# MoCA - Bridge - MoCA Network



## rgrounds (Jun 15, 2004)

I am getting ready to upgrade my old Series 2 Boxes (5 of them (4 Lifetime, 1 Monthly) running on PowerLine right now.)) to a new Roamio Pro and a couple of Mini's to start off with I may add one more Mini later if needed. 

I understand that the Roamio and Mini's won't work with my existing Powerline setup and I need to use a Tivo Bridge to create MoCA Network to connect the Mini's to the RoamioPro to has a big enough "pipe" to stream to the Mini's. 

My question is this - If I have the Tivo Bridge connected to my router to create the MoCA network is it possible to add an ActionTec ECB6200 Bonded MoCA 2.0 Network Adapter to a couple of rooms that currently use Powerline for internet connections to get a speed boost for other internet connected devices in other rooms in the house. 
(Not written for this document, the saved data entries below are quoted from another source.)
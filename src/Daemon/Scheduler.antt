-- ===== src/Daemon/Scheduler.antt =====
-- internal/builddaemon/mode_scheduler.go: buildModeScheduler, one queue and its workers for each
-- mode.
pub mod Isolation
use buildkit_service.Prelude.{
  ℕ, Bool, true, false, Option, none, some, List, [], ◌∷◌, Map, Text, eq_text, lookup, insert,
  if◌then◌else◌, Result, ok, err, pos_part,
}
use buildkit_service.Daemon.Modes.{BuildModes, ModeConfig, names}
use buildkit_service.Daemon.Queue.{
  TaskQueue, Popped, waits, ends, gets, new_build_task_queue, push, pop, close,
}

-- `workers` counts the goroutines that newBuildModeScheduler starts on each queue.
pub record ModeScheduler : Type 0 where
  pub queues : Map Text TaskQueue
  pub workers : Map Text ℕ
  pub once : Bool

pub data SchedulerError : Type 0 where
  not_configured scheduler_closed : SchedulerError
  unknown_mode : Text → SchedulerError

-- modes.configs[name] of a missing name is the zero configuration.
abbrev workers_of : Option ModeConfig → ℕ
workers_of none = 0
workers_of (some cfg) = pos_part cfg.concurrency

start_queues : BuildModes → List Text → ModeScheduler → ModeScheduler
start_queues m [] s = s
start_queues m (name ∷ rest) s = start_queues m rest (record s {
  queues = insert name new_build_task_queue s.queues;
  workers = insert name (workers_of (lookup name m.configs)) s.workers;
})

start_modes : BuildModes → Option ModeScheduler
start_modes m =
    if m.explicit
    then some (start_queues m (names (some m)) (record { queues = []; workers = []; once = false }))
    else none

-- A nil scheduler where no modes are given; the runner is never nil here.
unfoldable pub new_build_mode_scheduler : Option BuildModes → Option ModeScheduler
unfolding start_modes start_queues names lookup insert new_build_task_queue
new_build_mode_scheduler none = none
new_build_mode_scheduler (some m) = start_modes m

push_to : Text → ModeScheduler → Option TaskQueue → Result SchedulerError ModeScheduler
push_to mode s none = err scheduler_closed
push_to mode s (some q) = ok (record s { queues = insert mode q s.queues })

enqueue_in : Text → Text → ModeScheduler → Option TaskQueue → Result SchedulerError ModeScheduler
enqueue_in mode id s none = err (unknown_mode mode)
enqueue_in mode id s (some q) = push_to mode s (push id q)

unfoldable pub enqueue : Text → Text → Option ModeScheduler → Result SchedulerError ModeScheduler
unfolding enqueue_in push_to
enqueue mode id none = err not_configured
enqueue mode id (some s) = enqueue_in mode id s (lookup mode s.queues)

close_queues : Map Text TaskQueue → Map Text TaskQueue
close_queues [] = []
close_queues ((name, q) ∷ m) = (name, close q) ∷ close_queues m

unfoldable pub close_all : ModeScheduler → ModeScheduler
unfolding close_queues
close_all s = if s.once then s else record s { queues = close_queues s.queues; once = true }

take_from : Text → ModeScheduler → Popped → ModeScheduler × Option Text
take_from mode s waits = (s, none)
take_from mode s ends = (s, none)
take_from mode s (gets id q) = (record s { queues = insert mode q s.queues }, some id)

work_on : Text → ModeScheduler → Option TaskQueue → ModeScheduler × Option Text
work_on mode s none = (s, none)
work_on mode s (some q) = take_from mode s (pop q)

-- A turn of runWorker on the queue of a mode: the id that it runs, if any.
unfoldable pub run_worker : Text → ModeScheduler → ModeScheduler × Option Text
unfolding work_on take_from
run_worker mode s = work_on mode s (lookup mode s.queues)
Also can you add a small 4 port switch to the Action Tec Network Adapter for multiple devices in that room without any issues?

ie: 
Room 1 - A home office computer & Roku
Room 2 - Playstation
Room 3 - Another TV with a Roku
All of these currently have a Series 2 that is networked by a 200mps Powerline 4 port adapter for the multiple devices/ 

Thanks in advance. 

I am excited to upgrade finally after all these years. Not excited for why. 
The Cox Digital Mini Boxes (for digital conversion) are not compatible with the Series 2 boxes from everything I read. (I don't know if I want to be corrected if I am wrong.  )


----------



## mdavej (Aug 13, 2015)

Why do you think your Minis won't work over power line? Powerline is a far bigger pipe than Minis need, as is Moca 2.0.

Your Pro can create the Moca network. There is no bridge needed if you already have ethernet (via powerline or whatever) to the Pro.

Adding a switch and additional Moca adapters is no problem at all.

Moca 2.0 will indeed yield faster file transfers. But unless your internet service is over 200mbps, you'll see no speed increase in your internet browsing/streaming than you currently get over power line.

In your case, you have plumbing that works fine for the limited of water you have available. Replacing those with bigger pipes will make no difference. If it works, I'd say leave it alone and save your money. When it breaks, then a Moca upgrade makes sense.


----------



## rgrounds (Jun 15, 2004)

According to a Tivo CSR that I talked to they said that my PowerLine wouldn't work with either the Roamio or Mini's, which I thought was suspicious. They stated I needed true Ethernet wiring to avoid using a bridge. 
My current Powerline system is very slow even though it is rated as 200mbps. 
I can't transfer and watch on the fly. I have to get about 30-50% through a transfer if I don't want to get buffering or flat out stalling or being able to fast forward through commercials. 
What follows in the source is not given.